We believe that our compensation program is competitive, stimulates business growth through long-term incentives, and further aligns the named executive officers’ interests with those of the Company’s stockholders. We also believe that our compensation program is effectively designed to attract and retain high quality talent.
Proposal: In accordance with Section 14A of the Exchange Act, and as a matter of good corporate governance, we are asking stockholders to approve the following advisory resolution at the Annual Meeting:
RESOLVED, that the stockholders of the Company approve, on an advisory basis, the compensation of the Company’s named executive officers disclosed in the CD&A, the Summary Compensation Table and the related compensation tables, notes and narrative in the Proxy Statement for the Company’s 2022 Annual Meeting of Stockholders.

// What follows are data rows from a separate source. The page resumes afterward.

-- ===== src/Kaleidoscope/Syntax.antt =====
-- apps/create_language/include/kaleidoscope/abstract_syntax_tree.hpp. A `unique_ptr` to a node is the
-- node; `none` is the `std::monostate` of `expression` and `node`. The list of arguments stands in
-- the block of the expressions. `D` is `double`.
use communicate_between_proc.Prelude.{ℕ, Bool, true, false, List}

pub data BinaryOperator : Type 0 where
  less_than addition subtraction multiplication : BinaryOperator

mutual
  pub data Expression (D : Type 0) : Type 0 where
    none : Expression D
    number : D → Expression D
    variable : List ℕ → Expression D
    binary : BinaryOperator → Expression D → Expression D → Expression D
    call : List ℕ → Expressions D → Expression D

  pub data Expressions (D : Type 0) : Type 0 where
    nil : Expressions D
    cons : Expression D → Expressions D → Expressions D

-- `args.push_back`.
abbrev pub push_back : {D : Type 0} → Expressions D → Expression D → Expressions D
push_back nil e = cons e nil
push_back (cons x xs) e = cons x (push_back xs e)

pub record Prototype : Type 0 where
  pub name : List ℕ
  pub args : List (List ℕ)

pub record Function (D : Type 0) : Type 0 where
  pub proto : Prototype
  pub body : Expression D

pub data Node (D : Type 0) : Type 0 where
  none : Node D
  number : D → Node D
  variable : List ℕ → Node D
  binary : BinaryOperator → Expression D → Expression D → Node D
  call : List ℕ → Expressions D → Node D
  prototype : Prototype → Node D
  function : Function D → Node D

-- `core::variant_cast` keeps the alternative.
unfoldable pub make_node : {D : Type 0} → Expression D → Node D
make_node Expression.none = Node.none
make_node (Expression.number d) = Node.number d
make_node (Expression.variable x) = Node.variable x
make_node (Expression.binary op l r) = Node.binary op l r
make_node (Expression.call f args) = Node.call f args

abbrev pub is_empty : {D : Type 0} → Expression D → Bool
is_empty Expression.none = true
is_empty _ = false
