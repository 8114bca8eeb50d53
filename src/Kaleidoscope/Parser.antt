-- ===== src/Kaleidoscope/Parser.antt =====
-- apps/create_language/include/kaleidoscope/parser.hpp, over whatever tokens come from: the lexer is a
-- parameter, with the two methods that the parser calls. What the parser prints is part of its state.
--
-- `none` means that the fuel ran out. `parse_expression` spends a unit on each expression inside an
-- expression, and hands what is left to the loops of that level; `Termination`
-- is about how much is enough. A null pointer is `none` of `Option`.
pub mod Returns
pub mod Termination
pub mod Printing
pub mod RoundTrip
pub mod Precedence
use communicate_between_proc.Prelude.{
  ℕ, zero, suc, Bool, true, false, not, List, [], ◌∷◌, ◌++◌, Option, none, some, codes, ℤ, pos,
  negsuc, ◌+ℤ◌, ltb_ℤ,
}
use communicate_between_proc.Kaleidoscope.Token.{
  Token, eof, left_parenthesis, right_parenthesis, comma, def, extern, identifier, number, unknown,
  less, plus, minus, star, is_left_parenthesis, is_right_parenthesis, is_comma,
}
use communicate_between_proc.Kaleidoscope.Syntax.{
  BinaryOperator, less_than, addition, subtraction, multiplication, Expression, Expressions, nil,
  push_back, Prototype, Function, is_empty,
}

-- The methods of `lexer` that the parser calls.
pub record TokenSource (S D : Type 0) : Type 0 where
  pub current_token : S → Token D
  pub get_next_token : S → S

-- A line on stderr, or on stdout.
pub data Line : Type 0 where
  error_line : List ℕ → Line
  output_line : List ℕ → Line

pub record State (S : Type 0) : Type 0 where
  pub lexer : S
  pub output : List Line

abbrev pub Parsing : Type 0 → Type 0 → Type 0
Parsing S A = State S → Option (A × State S)

infixl 5 ◌>>=◌ ◌>>◌
abbrev pub ◌>>=◌ : {S A B : Type 0} → Parsing S A → (A → Parsing S B) → Parsing S B
◌>>=◌ p f s = elim (p s) [ none ↦ none | some (a, s') ↦ f a s' ]

abbrev pub ◌>>◌ : {S B : Type 0} → Parsing S (Unit {0}) → Parsing S B → Parsing S B
p >> q = p >>= λ _. q

abbrev pub pure : {S A : Type 0} → A → Parsing S A
pure a s = some (a, s)

abbrev pub write_line : {S : Type 0} → Line → Parsing S (Unit {0})
write_line line s = some (tt, record s { output = s.output ++ (line ∷ []) })

-- log_error
unfoldable pub log_error : {S D : Type 0} → List ℕ → Parsing S (Expression D)
log_error message = do write_line (error_line (codes "error: " ++ message)); pure Expression.none

unfoldable pub log_error_prototype : {S : Type 0} → List ℕ → Parsing S (Option Prototype)
log_error_prototype message = do write_line (error_line (codes "error: " ++ message)); pure none

-- get_token_precendence
unfoldable pub token_precedence : {D : Type 0} → Token D → ℤ
token_precedence less = pos 10
token_precedence plus = pos 20
token_precedence minus = pos 30
token_precedence star = pos 40
token_precedence _ = negsuc 0

unfoldable pub get_binary_operator : {D : Type 0} → Token D → Option BinaryOperator
get_binary_operator less = some less_than
get_binary_operator plus = some addition
get_binary_operator minus = some subtraction
get_binary_operator star = some multiplication
get_binary_operator _ = none

module _ {S D : Type 0} (source : TokenSource S D) where
  open source use {current_token, get_next_token}

  abbrev pub current : Parsing S (Token D)
  current s = some (current_token s.lexer, s)

  abbrev pub next : Parsing S (Unit {0})
  next s = some (tt, record s { lexer = get_next_token s.lexer })

  -- The functions that parse an expression inside call `parse_expression`, here a parameter.
  module _ (expression : Parsing S (Expression D)) where
    unfoldable pub parse_parenthesis_expression : Parsing S (Expression D)
    parse_parenthesis_expression = do
      next
      expr ← expression
      token ← current
      elim (is_empty expr) [
        | true ↦ pure Expression.none
        | false ↦ elim (is_right_parenthesis token) [
          | true ↦ (do next; pure expr)
          | false ↦ log_error (codes "expected ')'")
        ]
      ]

    -- The loop over the arguments: `none` inside is the early return with an empty expression.
    unfoldable pub parse_arguments : ℕ → Expressions D → Parsing S (Option (Expressions D))
    parse_arguments zero args = λ s. none
    parse_arguments (suc fuel) args = expression >>= λ arg. elim (is_empty arg) [
      | true ↦ pure none
      | false ↦ current >>= λ token. elim (is_right_parenthesis token) [
        | true ↦ pure (some (push_back args arg))
        | false ↦ elim (is_comma token) [
          | true ↦ next >> parse_arguments fuel (push_back args arg)
          | false ↦
              log_error {D = D} (codes "Expected ')' or ',' in argument list") >>= λ _. pure none
        ]
      ]
    ]

    unfoldable pub parse_call : ℕ → Parsing S (Option (Expressions D))
    unfolding parse_arguments
    parse_call fuel = do
      token ← current
      elim (is_right_parenthesis token) [
        | true ↦ pure (some nil)
        | false ↦ parse_arguments fuel nil
      ]

    unfoldable pub parse_identifier_expression : ℕ → List ℕ → Parsing S (Expression D)
    unfolding parse_call
    parse_identifier_expression fuel name = do
      next
      token ← current
      elim (is_left_parenthesis token) [
        | false ↦ pure (Expression.variable name)
        | true ↦ (do
          next
          args ← parse_call fuel
          elim args [
            | none ↦ pure Expression.none
            | some es ↦ (do next; pure (Expression.call name es))
          ])
      ]

    unfoldable pub parse_number_expression : D → Parsing S (Expression D)
    parse_number_expression d = do next; pure (Expression.number d)

    -- The tests of `parse_primary` on the current token.
    unfoldable pub parse_primary_of : ℕ → Token D → Parsing S (Expression D)
    unfolding parse_identifier_expression parse_number_expression parse_parenthesis_expression
    parse_primary_of fuel (identifier name) = parse_identifier_expression fuel name
    parse_primary_of fuel (number d) = parse_number_expression d
    parse_primary_of fuel left_parenthesis = parse_parenthesis_expression
    parse_primary_of fuel eof = pure Expression.none
    parse_primary_of fuel _ = log_error (codes "unknown token when expecting an expression")

    unfoldable pub parse_primary : ℕ → Parsing S (Expression D)
    unfolding parse_primary_of
    parse_primary fuel = do token ← current; parse_primary_of fuel token

    -- parse_binaray_operation_rhs: a round of its loop for each unit of fuel.
    unfoldable pub parse_binary_operation_rhs : ℕ → ℤ → Expression D → Parsing S (Expression D)
    parse_binary_operation_rhs zero precedence lhs = λ s. none
    parse_binary_operation_rhs (suc fuel) precedence lhs = current >>= λ token.
        elim (ltb_ℤ (token_precedence token) precedence) [
          | true ↦ pure lhs
          | false ↦ elim (get_binary_operator token) [
            | none ↦ log_error (codes "unknown binary operator")
            | some op ↦
                next
                >> (parse_primary fuel >>= λ rhs. elim (is_empty rhs) [
                  | true ↦ pure Expression.none
                  | false ↦ current >>= λ pending.
                      elim (ltb_ℤ (token_precedence token) (token_precedence pending)) [
                        | true ↦
                            parse_binary_operation_rhs fuel (token_precedence token +ℤ pos 1) rhs
                            >>= λ rhs'. elim (is_empty rhs') [
                              | true ↦ pure Expression.none
                              | false ↦
                                  parse_binary_operation_rhs fuel precedence
                                    (Expression.binary op lhs rhs')
                            ]
                        | false ↦
                            parse_binary_operation_rhs fuel precedence
                              (Expression.binary op lhs rhs)
                      ]
                ])
          ]
        ]

  unfoldable pub parse_expression : ℕ → Parsing S (Expression D)
  parse_expression zero = λ s. none
  parse_expression (suc fuel) = do
    lhs ← parse_primary (parse_expression fuel) fuel
    elim (is_empty lhs) [
      | true ↦ pure lhs
      | false ↦ parse_binary_operation_rhs (parse_expression fuel) fuel (pos 0) lhs
    ]

  -- The loop of `parse_prototype` over the names, whose test takes the next token.
  unfoldable pub parse_argument_names : ℕ → List (List ℕ) → Parsing S (List (List ℕ))
  parse_argument_names zero names = λ s. none
  parse_argument_names (suc fuel) names =
      next
      >> (current >>= λ token. elim token [
        | identifier name ↦ parse_argument_names fuel (names ++ (name ∷ []))
        | _ ↦ pure names
      ])

  unfoldable pub parse_prototype_of : ℕ → Token D → Parsing S (Option Prototype)
  unfolding parse_argument_names
  parse_prototype_of fuel (identifier function_name) = do
    next
    token ← current
    elim (is_left_parenthesis token) [
      | false ↦ log_error_prototype (codes "expected '(' in prototype")
      | true ↦ (do
        arg_names ← parse_argument_names fuel []
        closing ← current
        elim (is_right_parenthesis closing) [
          | false ↦ log_error_prototype (codes "expected ')' in prototype")
          | true ↦ (do next; pure (some (record { name = function_name; args = arg_names })))
        ])
    ]
  parse_prototype_of fuel _ = log_error_prototype (codes "expected function name in prototype")

  unfoldable pub parse_prototype : ℕ → Parsing S (Option Prototype)
  unfolding parse_prototype_of
  parse_prototype fuel = do token ← current; parse_prototype_of fuel token

  unfoldable pub parse_definition : ℕ → Parsing S (Option (Function D))
  parse_definition fuel = do
    next
    proto ← parse_prototype fuel
    elim proto [
      | none ↦ pure none
      | some p ↦ (do
        expr ← parse_expression fuel
        elim (is_empty expr) [
          | true ↦ pure none
          | false ↦ pure (some (record { proto = p; body = expr }))
        ])
    ]

  unfoldable pub parse_extern : ℕ → Parsing S (Option Prototype)
  parse_extern fuel = do next; parse_prototype fuel

  unfoldable pub parse_top_level_expression : ℕ → Parsing S (Option (Function D))
  parse_top_level_expression fuel = do
    expr ← parse_expression fuel
    elim (is_empty expr) [
      | true ↦ pure none
      | false ↦ pure (some (record { proto = record { name = []; args = [] }; body = expr }))
    ]
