-- ===== src/Kaleidoscope/Driver.antt =====
-- apps/create_language/include/kaleidoscope/parser.hpp, the handlers and `main_loop`. Each round of the
-- loop costs a unit of fuel, and hands on the fuel of its parse functions.
pub mod Termination
use communicate_between_proc.Prelude.{
  ℕ, zero, suc, Bool, true, false, List, [], ◌∷◌, ◌++◌, Option, none, some, codes, ◌==◌,
  if◌then◌else◌,
}
use communicate_between_proc.Kaleidoscope.Token.{
  Token, eof, left_parenthesis, right_parenthesis, comma, def, extern, identifier, number, unknown,
  less, plus, minus, star,
}
use communicate_between_proc.Kaleidoscope.Syntax.{Prototype, Function}
use communicate_between_proc.Kaleidoscope.Parser.{
  TokenSource, Line, error_line, output_line, State, Parsing, ◌>>=◌, ◌>>◌, pure, write_line,
  current, next, parse_definition, parse_extern, parse_top_level_expression,
}

-- What is printed of the arguments of an external prototype.
unfoldable pub write_args : {S : Type 0} → List (List ℕ) → Parsing S (Unit {0})
write_args [] = pure tt
write_args (arg ∷ args) = write_line (output_line (codes "    arg: " ++ arg)) >> write_args args

module _ {S D : Type 0} (source : TokenSource S D) where
  unfoldable pub handle_definition : ℕ → Parsing S (Unit {0})
  handle_definition fuel = do
    parsed ← parse_definition source fuel
    elim parsed [
      | some f ↦ write_line (output_line (codes "parsed a function definition"))
      | none ↦ (do
        write_line (error_line (codes "failed parsing a function definition"))
        next source)
    ]

  unfoldable pub handle_extern : ℕ → Parsing S (Unit {0})
  unfolding write_args
  handle_extern fuel = do
    parsed ← parse_extern source fuel
    elim parsed [
      | some p ↦ (do
        write_line (output_line (codes "parsed an extern"))
        write_line (output_line (codes "name: " ++ p.name))
        write_args p.args)
      | none ↦ (do write_line (error_line (codes "failed parsing an extern")); next source)
    ]

  unfoldable pub handle_top_level_expression : ℕ → Parsing S (Unit {0})
  handle_top_level_expression fuel = do
    parsed ← parse_top_level_expression source fuel
    elim parsed [
      | some f ↦ write_line (output_line (codes "parsed a top-level expr"))
      | none ↦ (do write_line (error_line (codes "failed parsing a top-level expr")); next source)
    ]

  -- The tests of the loop on the current token, but for the end of file.
  unfoldable pub handle_token : ℕ → Token D → Parsing S (Unit {0})
  unfolding handle_definition handle_extern handle_top_level_expression
  handle_token fuel (unknown c) =
      if c == b';' then next source else handle_top_level_expression fuel
  handle_token fuel def = handle_definition fuel
  handle_token fuel extern = handle_extern fuel
  handle_token fuel _ = handle_top_level_expression fuel

  -- The loop of `main_loop`; the first argument bounds its rounds.
  unfoldable pub rounds : ℕ → ℕ → Parsing S (Unit {0})
  rounds zero fuel = λ s. none
  rounds (suc n) fuel = current source >>= λ token. elim token [
    | eof ↦ pure tt
    | other ↦ handle_token fuel other >> rounds n fuel
  ]

  -- `main_loop`, which first takes a token.
  unfoldable pub main_loop : ℕ → Parsing S (Unit {0})
  unfolding rounds
  main_loop fuel = next source >> rounds fuel fuel
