-- ===== src/Kaleidoscope/Lexer.antt =====
-- apps/create_language/include/kaleidoscope/lexer.hpp. The arithmetic of `double` and the lookup in
-- the table `symbols`, a map of a container library, are parameters. A failed assertion sets the flag
-- `aborted`: the program stops there, and what the model does behind it does not count. Each loop spends
-- a unit of fuel on a round, and `none` means that the fuel ran out.
pub mod Scanning
pub mod Progress
pub mod Source
use communicate_between_proc.Prelude.{
  ℕ, zero, suc, ◌+◌, ◌-◌, ◌≡◌, Bool, true, false, not, ◌&&◌, ◌||◌, Option, none, some, List, [],
  ◌∷◌, ◌++◌, codes, ◌==◌, if◌then◌else◌,
}
use communicate_between_proc.Kaleidoscope.Characters.{
  is_space, is_digit, is_alpha, is_alnum, eof_char,
}
use communicate_between_proc.Kaleidoscope.Token.{
  Token, eof, left_parenthesis, right_parenthesis, comma, def, extern, identifier, number, unknown,
  less, plus, minus, star,
}
use communicate_between_proc.Kaleidoscope.BufferReader.{BufferReader, read, empty, remaining}

-- `double`, and `find` on the flat map of the symbols.
pub record Environment (D : Type 0) : Type 0 where
  pub literal : ℕ → D
  pub add : D → D → D
  pub multiply : D → D → D
  pub divide : D → D → D
  pub find : List (ℕ × Token D) → ℕ → Option (Token D)

unfoldable pub symbols : {D : Type 0} → List (ℕ × Token D)
symbols =
    (b'(', left_parenthesis)
    ∷ (b')', right_parenthesis)
    ∷ (b',', comma)
    ∷ (b'<', less)
    ∷ (b'+', plus)
    ∷ (b'-', minus)
    ∷ (b'*', star)
    ∷ []

-- The last character read, and the reader: what the loops of the lexer change; and whether the
-- assertion on the first digit of a number has failed.
pub record Cursor : Type 0 where
  pub last : ℕ
  pub reader : BufferReader
  pub aborted : Bool

-- reader.read(last)
abbrev pub advance : Cursor → Bool × Cursor
advance c =
    let (done, value, r) = read c.last c.reader in (done, record c { last = value; reader = r })

unfoldable pub skip_spaces : ℕ → Cursor → Option (Bool × Cursor)
skip_spaces zero c = none
skip_spaces (suc fuel) c =
    let (done, c') = advance c in
    elim (is_space c.last) [
      | true ↦ elim done [ true ↦ skip_spaces fuel c' | false ↦ some (false, c') ]
      | false ↦ some (true, c)
    ]

unfoldable pub read_identifier : ℕ → List ℕ → Cursor → Option (List ℕ × Cursor)
read_identifier zero name c = none
read_identifier (suc fuel) name c =
    let (done, c') = advance c in
    elim (done && is_alnum c'.last) [
      | true ↦ read_identifier fuel (name ++ (c'.last ∷ [])) c'
      | false ↦ some (name, c')
    ]

unfoldable pub skip_comment : ℕ → Cursor → Option Cursor
skip_comment zero c = none
skip_comment (suc fuel) c =
    let (done, c') = advance c in
    elim (done && not (c'.last == eof_char) && not (c'.last == 10) && not (c'.last == 13)) [
      | true ↦ skip_comment fuel c'
      | false ↦ some c'
    ]

-- Equality of two strings.
unfoldable pub same_text : List ℕ → List ℕ → Bool
same_text [] [] = true
same_text (x ∷ xs) (y ∷ ys) = x == y && same_text xs ys
same_text _ _ = false

-- The tests on a name that was read.
unfoldable pub keyword_or_identifier : {D : Type 0} → List ℕ → Token D
unfolding same_text
keyword_or_identifier name =
    if same_text name (codes "def")
    then def
    else if same_text name (codes "extern")
    then extern
    else identifier name

module _ {D : Type 0} (env : Environment D) where
  open env use {literal, add, multiply, divide, find}

  unfoldable pub to_digit : ℕ → D
  to_digit digit = literal (digit - b'0')

  -- The digits before the point.
  unfoldable pub read_whole : ℕ → D → Cursor → Option (D × Cursor)
  unfolding to_digit
  read_whole zero num c = none
  read_whole (suc fuel) num c =
      let (_, c') = advance c in
      elim (not (empty c.reader) && is_digit c.last) [
        | true ↦ read_whole fuel (add (multiply num (literal 10)) (to_digit c.last)) c'
        | false ↦ some (num, c)
      ]

  -- The digits behind the point.
  unfoldable pub read_fraction : ℕ → D → D → Cursor → Option (D × Cursor)
  unfolding to_digit
  read_fraction zero factor num c = none
  read_fraction (suc fuel) factor num c =
      let (_, c') = advance c in
      let factor' = divide factor (literal 10) in
      elim (not (empty c.reader) && is_digit c.last) [
        | true ↦ read_fraction fuel factor' (add num (multiply factor' (to_digit c.last))) c'
        | false ↦ some (num, c)
      ]

  -- The first digit, which is read even if it is the last character, and which must not be 0.
  unfoldable pub read_first : Cursor → D × Cursor
  unfolding to_digit
  read_first c =
      if is_digit c.last
      then (
        add (multiply (literal 0) (literal 10)) (to_digit c.last),
        record (advance c).1 { aborted = c.aborted || c.last == b'0' },
      )
      else (literal 0, c)

  unfoldable pub lex_number : ℕ → Cursor → Option (D × Cursor)
  unfolding read_first
  lex_number fuel c =
      let (first, c₁) = read_first c in
      elim (read_whole fuel first c₁) [
        | none ↦ none
        | some (num, c₂) ↦ elim (c₂.last == b'.') [
          | false ↦ some (num, c₂)
          | true ↦ read_fraction fuel (literal 1) num (advance c₂).1
        ]
      ]

  -- The end of `get_token`, for a character that starts no other token; `again` is its call of itself.
  unfoldable pub lex_other :
      ℕ
      → (Cursor → Option (Option (Token D) × Cursor))
      → Cursor
      → Option (Option (Token D) × Cursor)
  lex_other fuel again c = elim (c.last == b'#') [
    | true ↦ elim (skip_comment fuel c) [
      | none ↦ none
      | some c' ↦ elim (c'.last == eof_char) [ true ↦ some (some eof, c') | false ↦ again c' ]
    ]
    | false ↦ elim (c.last == eof_char) [
      | true ↦ some (some eof, c)
      | false ↦ some (some (unknown c.last), (advance c).1)
    ]
  ]

  -- `get_token` behind the whitespace.
  unfoldable pub lex_token :
      ℕ
      → (Cursor → Option (Option (Token D) × Cursor))
      → Cursor
      → Option (Option (Token D) × Cursor)
  unfolding lex_other
  lex_token fuel again c = elim (find symbols c.last) [
    | some token ↦ some (some token, (advance c).1)
    | none ↦ elim (is_alpha c.last) [
      | true ↦ elim (read_identifier fuel (c.last ∷ []) c) [
        | none ↦ none
        | some (name, c') ↦ some (some (keyword_or_identifier name), c')
      ]
      | false ↦ elim (is_digit c.last || c.last == b'.') [
        | true ↦ elim (lex_number fuel c) [
          | none ↦ none
          | some (value, c') ↦ some (some (number value), c')
        ]
        | false ↦ lex_other fuel again c
      ]
    ]
  ]

  -- `get_token`, on what it changes but the result: `none` inside is the result false.
  unfoldable pub get_token : ℕ → Cursor → Option (Option (Token D) × Cursor)
  get_token zero c = none
  get_token (suc fuel) c = elim (empty c.reader) [
    | true ↦ some (none, c)
    | false ↦ elim (skip_spaces (suc fuel) c) [
      | none ↦ none
      | some (found, c') ↦ elim found [
        | false ↦ some (none, c')
        | true ↦ lex_token (suc fuel) (get_token fuel) c'
      ]
    ]
  ]

pub record Lexer (D : Type 0) : Type 0 where
  pub cursor : Cursor
  pub curr_token : Token D

-- The constructor: a blank was read last, and the current token is the first alternative, `eof`.
unfoldable pub create : {D : Type 0} → BufferReader → Lexer D
create r = record { cursor = record { last = 32; reader = r; aborted = false }; curr_token = eof }

abbrev pub current_token : {D : Type 0} → Lexer D → Token D
current_token l = l.curr_token

-- The fuel is one more than the characters left; `none` leaves the lexer as it was.
unfoldable pub get_next_token : {D : Type 0} → Environment D → Lexer D → Lexer D
get_next_token env l = elim (get_token env (suc (remaining l.cursor.reader)) l.cursor) [
  | none ↦ l
  | some (found, c) ↦ elim found [
    | none ↦ record { cursor = c; curr_token = eof }
    | some token ↦ record { cursor = c; curr_token = token }
  ]
]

Recommendation: The Board recommends voting FOR the proposal to approve, on a non-binding advisory basis, the compensation of our named executive officers as described in the CD&A and related compensation tables and discussion in the Proxy Statement.
Vote Required: This advisory vote, commonly referred to as “Say-on-Pay”, requires the affirmative vote of a majority of the votes cast. The advisory proposal is not binding on our Board. However, our Board values our stockholders’ opinions and the RNC will take into account the outcome of the advisory vote when considering future named executive officer compensation. The Board has adopted a policy providing for annual “Say-on-Pay” advisory votes. Unless the Board modifies its policy on the frequency of holding “Say-on-Pay” advisory votes, the next “Say-on-Pay” advisory vote will occur in 2023.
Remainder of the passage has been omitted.